Жил наш отпускник в доме своей матери. После голых донецких степей, ему было особенно приятно оказаться среди родной смоленской природы, с её изумрудными лугами, густыми лесами, живописными пригорками и прозрачными мирными речками.

На домашних харчах, в покое и вольном воздухе, парень буквально за несколько дней превратился, если не в Илью-Муромца, но в Алёшу Поповича – это точно! И характер у него был соответствующий – добродушно-спокойный, но не без некоторой доли хитрости.

Вот он-то и посоветовал Василию съездить в Центральный архив, где хранятся документы, связанные с политзаключёнными. Пусть выправит себе бумагу насчёт того, что боролся в своё время против царизма и сидел за это в тюрьме. Да, заодно и справку, чтобы взял, где и когда в рядах Красной армии против белогвардейцев воевал? Тогда местные власти не посмеют его тронуть, а уж тем более, на Соловки сослать.

Почесал Василий в затылке… А ведь верно Никита советует, молодец, хорошо придумал!
   - Ладно,  - говорит, - съезжу.
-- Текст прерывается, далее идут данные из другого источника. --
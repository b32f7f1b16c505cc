-- ===== src/Server/Controls/Replacing.antt =====
-- A reconnecting client and the registry of `src/ngrok/server/registry.go`.
use mathlib.Core.Path.{subst}
use ngrok.Prelude.{
  ℕ, [], ◌∷◌, ap, ◌≡◌, ◌≢◌, refl, sym, ◌∙◌, Option, none, some, arith, Option-cases, inl, inr,
}
use ngrok.Prelude.Maps.{get, put, get-put_self, get-put_ne, get-delete_ne, get-delete_self}
use ngrok.Prelude.Text.{Text, text_dec}
use ngrok.Server.Controls.{
  Ctl, ControlRegistry, get_control, set_ctl, replaced, add_control, del_control, reads, deletes,
  adds, read_id, race_step, run_steps, start_race, delete_read,
}

-- Every control in the registry is registered by its own id, which is not empty.
pub record IsConsistent (r : ControlRegistry) : Type 0 where
  pub own :
      (k : Text) (a : ℕ) → get_control k r ≡ some a → (c : Ctl) × (r.store a ≡ some c) × (c.id ≡ k)
  pub named : get_control [] r ≡ none

set_self : (a : ℕ) (c : Ctl) (store : ℕ → Option Ctl) → set_ctl a c store a ≡ some c
unfolding set_ctl
set_self a c store = ground arith

set_ne : (a b : ℕ) (c : Ctl) (store : ℕ → Option Ctl) → a ≢ b → set_ctl a c store b ≡ store b
unfolding set_ctl
set_ne a b c store h = ground arith

replaced-id : (c : Ctl) → some (replaced c).id ≡ some []
unfolding replaced
replaced-id c = refl

add_again :
    (k : Text) (a b : ℕ) (c : Ctl) (r : ControlRegistry)
    → get_control k r ≡ some b
    → r.store b ≡ some c
    → add_control k a r ≡ (
      record { controls = put text_dec k a r.controls; store = set_ctl b (replaced c) r.store },
      some b,
    )
unfolding add_control get_control
add_again k a b c r h s =
    let known : get text_dec k r.controls ≡ some b = h in rw (known, s, add_control) refl

removed_other :
    (id k : Text) (r : ControlRegistry)
    → k ≢ id
    → get_control k (del_control id r).0 ≡ get_control k r
unfolding del_control get_control
removed_other id k r h = elim (Option-cases (get text_dec id r.controls)) [
  | inl absent ↦ rw (absent, del_control) refl
  | inr (b, present) ↦
      rw (present, del_control) (get-delete_ne text_dec id k r.controls (λ e. h (sym e)))
]

removed :
    (k : Text) (a : ℕ) (r : ControlRegistry)
    → get_control k r ≡ some a
    → get_control k (del_control k r).0 ≡ none
unfolding del_control get_control
removed k a r h =
    let known : get text_dec k r.controls ≡ some a = h in
    rw (known, del_control) (get-delete_self text_dec k r.controls)

added :
    (k : Text) (new : ℕ) (r : ControlRegistry) → get_control k (add_control k new r).0 ≡ some new
unfolding add_control get_control
added k new r = elim (Option-cases (get text_dec k r.controls)) [
  | inl absent ↦ rw (absent, add_control) (get-put_self text_dec k new r.controls)
  | inr (b, present) ↦ elim (Option-cases (r.store b)) [
    | inl gone ↦ rw (present, add_control, gone) (get-put_self text_dec k new r.controls)
    | inr (c, stored) ↦ rw (present, add_control, stored) (get-put_self text_dec k new r.controls)
  ]
]

added_other :
    (k : Text) (new : ℕ) (r : ControlRegistry) (q : Text)
    → q ≢ k
    → get_control q (add_control k new r).0 ≡ get_control q r
unfolding add_control get_control
added_other k new r q ne =
    let kept = get-put_ne text_dec k q new r.controls (λ e. ne (sym e)) in
    elim (Option-cases (get text_dec k r.controls)) [
      | inl absent ↦ rw (absent, add_control) kept
      | inr (b, present) ↦ elim (Option-cases (r.store b)) [
        | inl gone ↦ rw (present, add_control, gone) kept
        | inr (c, stored) ↦ rw (present, add_control, stored) kept
      ]
    ]

-- Under an id there is a control or none, and the controls of the other ids are as before.
abbrev pub Leaves : Text → Option ℕ → ControlRegistry → ControlRegistry → Type 0
Leaves k o r r' =
    (get_control k r' ≡ o) × ((q : Text) → q ≢ k → q ≢ [] → get_control q r' ≡ get_control q r)

read_known :
    (old : ℕ) (c : Ctl) (r : ControlRegistry) → r.store old ≡ some c → read_id old r ≡ some c.id
unfolding read_id
read_known old c r h = rw (h, read_id) refl

module _ (k : Text) (new old : ℕ) (r : ControlRegistry) (v : IsConsistent r) (named : k ≢ [])
    (known : get_control k r ≡ some old) where
  add_first :
      Leaves k (some new) r (run_steps old (adds k new ∷ reads ∷ deletes ∷ []) (start_race r))
  unfolding run_steps race_step delete_read
  add_first =
      let (c, stored, own) = v.own k old known in
      let r' : ControlRegistry = record {
        controls = put text_dec k new r.controls;
        store = set_ctl old (replaced c) r.store;
      } in
      let again : (add_control k new r).0 ≡ r' =
        ap (λ p. p.0) (add_again k new old c r known stored) in
      let blank : read_id old (add_control k new r).0 ≡ some [] =
        ap (read_id old) again
        ∙ read_known old (replaced c) r' (set_self old (replaced c) r.store)
        ∙ replaced-id c in
      subst (λ o. Leaves k (some new) r (delete_read o (add_control k new r).0)) (sym blank)
        (
          removed_other [] k (add_control k new r).0 named ∙ added k new r,
          λ q ne filled.
              removed_other [] q (add_control k new r).0 filled ∙ added_other k new r q ne,
        )

  read_own : read_id old r ≡ some k
  read_own = let (c, stored, own) = v.own k old known in read_known old c r stored ∙ ap some own

  add_last :
      Leaves k (some new) r (run_steps old (reads ∷ deletes ∷ adds k new ∷ []) (start_race r))
  unfolding run_steps race_step delete_read
  add_last =
      subst (λ o. Leaves k (some new) r (add_control k new (delete_read o r)).0) (sym read_own)
        (
          added k new (del_control k r).0,
          λ q ne filled. added_other k new (del_control k r).0 q ne ∙ removed_other k q r ne,
        )

  add_between : Leaves k none r (run_steps old (reads ∷ adds k new ∷ deletes ∷ []) (start_race r))
  unfolding run_steps race_step delete_read
  add_between =
      subst (λ o. Leaves k none r (delete_read o (add_control k new r).0)) (sym read_own)
        (
          removed k new (add_control k new r).0 (added k new r),
          λ q ne filled. removed_other k q (add_control k new r).0 ne ∙ added_other k new r q ne,
        )

-- A client connects again with its id while the stopper of its old control removes that control: the
-- stopper reads the id and then deletes it, and `Add` comes before, after or between the two. In the
-- first two orders the registry gives the new control for the id. In the third it gives none: the
-- stopper has removed the new control. The controls of other ids are as before in all three. The
-- registry is consistent and the id is not empty.
pub run_steps-add_control :
    (k : Text) (new old : ℕ) (r : ControlRegistry)
    → IsConsistent r
    → k ≢ []
    → get_control k r ≡ some old
    → Leaves k (some new) r (run_steps old (adds k new ∷ reads ∷ deletes ∷ []) (start_race r))
      × Leaves k (some new) r (run_steps old (reads ∷ deletes ∷ adds k new ∷ []) (start_race r))
      × Leaves k none r (run_steps old (reads ∷ adds k new ∷ deletes ∷ []) (start_race r))
run_steps-add_control k new old r v named known = (
  add_first k new old r v named known,
  add_last k new old r v named known,
  add_between k new old r v named known,
)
Как только косить закончу, сено соберу – сразу и поеду.
   - Да вы что? – изумился Никита.  – Какое вам сено, когда каждый день раскулачивать могут придти. Завтра надо ехать, ни дня терять нельзя.
   - А кто косить-то будет? Это что же скотину на зиму без корма оставлять?
   - Ну, дяденька, вы и даёте! Ему реквизиция с высылкой грозит – а он о сене беспокоится. Да накошу я вам сена этого - сколько захотите! Только поезжайте скорее. Не беспокойтесь,  всё в лучшем виде будет.

Уехал Василий… Вот как рассказывала моя мама, о том, что было дальше.

*******************
   Дядя-Никита пришёл к нам уже под вечер. Сели все ужинать. Мать наша перед племянником только что поклоны не бьёт:
   - Ты бы, Никитушка, завтра за дальним болотом травы помог накосить…
А Никита, молодец, со всем соглашается:
   - А и что ж не накосить? Накосим.
  - Вот-вот, голубчик, помоги, - радуется матка и подкладывает парню самые лакомые кусочки.
   - И Маня с тобой косить будет, - продолжает она лебезить перед  будущим работником.

Тут дядя, может впервые за всё время, обращает на меня внимание.
   - Симпатичная барышня, - одобряет он мою внешность. А сколько ж тебе лет, Маня? На днях четырнадцать исполнится, - я почему-то сильно робею перед симпатичным дядей.

А тот вдруг начинает возмущаться:
   - Да разве можно девочке в таком возрасте косой махать?!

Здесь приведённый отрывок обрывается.